Es abogado de profesión, pero en carnaval pierde esa máscara para convertirse en un pirata, que no navega por mares sin nombre o con botines llenos de grandes riquezas, aunque, para él y sus camaradas, la fiesta de la ciudad es su tesoro. —En Los Piratas me dicen que soy el Gerente Propietario—, bromea Calles, aún con la sonrisa inquieta del primer saludo, que sólo es interrumpida por un recuerdo inevitable que ronda en su cabeza —ahora somos cuatro de los veinte que la fundamos, algunos ya se me adelantaron…—.

La música popular unió a esta comunidad de músicos profesionales y amateurs hace casi sesenta años, en 1970. Su amistad inició en canchas de tierra guarandeñas, en donde varios de sus integrantes representaban a diferentes clubes de fútbol de la ciudad. La rivalidad en el deporte trascendió el polvo del corre-corre y las barridas mata-tibias a encuentros con fiesta y bebida que no conocían silencio ni aburrimiento. 

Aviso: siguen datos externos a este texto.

-- ===== src/Plan.antt =====
-- crates/node/src/planner/plan.rs: plans, the references in their arguments, and the graph of their
-- steps. A hash set is the list of its elements, in the order of insertion.
pub mod Counting
pub mod Templates
pub mod Validation
pub mod Checks
pub mod Validity
pub mod Position
pub mod Order
pub mod Board
pub mod Resolution
pub mod Frontier
pub mod Seed
pub mod Acyclic
pub mod Schedule
pub mod Topological
pub mod Depth
use n3ur0n.Json
use Prim.Native.Char.{code, Char}
use n3ur0n.Prelude.{
  eqb, if◌then◌else◌, filter, is_ascii_lowercase, is_ascii_uppercase, is_ascii_alphanumeric, ℕ,
  zero, suc, String, Bool, false, not, ◌&&◌, ◌||◌, Option, none, some, List, [], ◌∷◌, ◌++◌, map,
  ◌==◌,
}
use n3ur0n.Json.{
  Value, null, boolean, unsigned, other_number, text, array, object, Items, nil, cons, Fields, end,
  field,
}
use n3ur0n.Lobe.{contains}
use n3ur0n.Text.{split_at, split_on, count_chars, all_chars}

pub record PlanStep : Type 0 where
  pub id : String
  pub peer : String
  pub capability : String
  pub args : Value
  pub depends_on : List String

-- `struct Plan`, by its field.
abbrev pub Plan : Type 0
Plan = List PlanStep

abbrev pub max_plan_steps : ℕ
max_plan_steps = 8

abbrev pub dollar : ℕ
dollar = 36

abbrev pub open_brace : ℕ
open_brace = 123

abbrev pub close_brace : ℕ
close_brace = 125

abbrev pub dot : ℕ
dot = 46

-- `${inner}` at the character: what stands inside, and after it.
unfoldable pub dollar_ref : Char → String → Option (String × String)
dollar_ref ch String.[] = none
dollar_ref ch (String.◌∷◌ d s) =
    if eqb (code ch) dollar && eqb (code d) open_brace then split_at close_brace s else none

-- `{inner}` at the character.
unfoldable pub brace_ref : Char → String → Option (String × String)
brace_ref ch s = if eqb (code ch) open_brace then split_at close_brace s else none

-- `split('.').next()`
abbrev pub head_of : String → String
head_of key = (split_on dot key).0

abbrev is_ascii_alphabetic : ℕ → Bool
is_ascii_alphabetic c = is_ascii_lowercase c || is_ascii_uppercase c

unfoldable pub looks_like_step_id : String → Bool
looks_like_step_id String.[] = false
looks_like_step_id (String.◌∷◌ ch s) =
    is_ascii_alphabetic (code ch)
    && all_chars (λ c. is_ascii_alphanumeric c || eqb c b'_') (String.◌∷◌ ch s)

-- The loop of `extract_template_keys` on what is left of the text.
unfoldable pub keys_from : ℕ → String → List String
keys_from zero s = []
keys_from (suc fuel) String.[] = []
keys_from (suc fuel) (String.◌∷◌ ch s) = elim (dollar_ref ch s) [
  | some (inner, rest) ↦ inner ∷ keys_from fuel rest
  | none ↦ elim (brace_ref ch s) [
    | some (inner, rest) ↦
        let later = keys_from fuel rest in
        if looks_like_step_id (head_of inner) then inner ∷ later else later
    | none ↦ keys_from fuel s
  ]
]

unfoldable pub extract_template_keys : String → List String
extract_template_keys s = keys_from (suc (count_chars s)) s

-- The ids that the keys of one text name.
unfoldable pub ids_of : List String → List String
ids_of [] = []
ids_of (key ∷ keys) =
    let rest = ids_of keys in if head_of key == "" then rest else head_of key ∷ rest

-- `collect_refs`, and `collect_ref_keys`, which keeps the whole keys.
unfoldable mutual
  pub collect_refs : Value → List String
  collect_refs (text s) = ids_of (extract_template_keys s)
  collect_refs (array xs) = refs_of_items xs
  collect_refs (object fs) = refs_of_fields fs
  collect_refs null = []
  collect_refs (boolean b) = []
  collect_refs (unsigned n) = []
  collect_refs other_number = []

  pub refs_of_items : Items → List String
  refs_of_items nil = []
  refs_of_items (cons x xs) = collect_refs x ++ refs_of_items xs

  pub refs_of_fields : Fields → List String
  refs_of_fields end = []
  refs_of_fields (field k v fs) = collect_refs v ++ refs_of_fields fs

unfoldable mutual
  pub collect_ref_keys : Value → List String
  collect_ref_keys (text s) = extract_template_keys s
  collect_ref_keys (array xs) = keys_of_items xs
  collect_ref_keys (object fs) = keys_of_fields fs
  collect_ref_keys null = []
  collect_ref_keys (boolean b) = []
  collect_ref_keys (unsigned n) = []
  collect_ref_keys other_number = []

  pub keys_of_items : Items → List String
  keys_of_items nil = []
  keys_of_items (cons x xs) = collect_ref_keys x ++ keys_of_items xs

  pub keys_of_fields : Fields → List String
  keys_of_fields end = []
  keys_of_fields (field k v fs) = collect_ref_keys v ++ keys_of_fields fs

-- The elements of a hash set that is filled from a list.
unfoldable pub as_set : List String → List String
as_set [] = []
as_set (x ∷ xs) = x ∷ filter (λ y. not (x == y)) (as_set xs)

abbrev pub step_id : PlanStep → String
step_id s = s.id

abbrev pub plan_ids : Plan → List String
plan_ids plan = map step_id plan

-- The dependencies of a step that count: declared or referenced, on another step of the plan.
unfoldable pub real_deps : Plan → PlanStep → List String
real_deps plan s =
    filter (λ dep. not (dep == s.id) && contains (plan_ids plan) dep)
      (as_set (s.depends_on ++ collect_refs s.args))

-- A step of the graph: its id and the ids that it waits for.
abbrev pub Link : Type 0
Link = String × List String

abbrev pub link_of : Plan → PlanStep → Link
link_of plan s = (s.id, real_deps plan s)

unfoldable pub links : Plan → List Link
links plan = map (link_of plan) plan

Desde ese entonces el Club Piratas Guaranda -como también se presentan al mundo- participa activamente y sin falta en las comparsas del Carnaval de la provincia. Su presencia llena a las avenidas de alegría y música de extracto nacional. Algunas de estas composiciones pertenecen a artistas de la ciudad e incluso puedes escucharlas en plataformas de streaming.

—¿Por qué piratas? —, pregunto a Jaime, quien habla a la misma velocidad que los pasos de la banda en las calles de la ciudad. Como si de una película de cinta se tratara, regresa a los fotogramas de su adolescencia y me cuenta un recuerdo de la selección de fútbol de Brasil, un mundial y el páramo en Guanujo, una década antes de oficializar al grupo en la historia. 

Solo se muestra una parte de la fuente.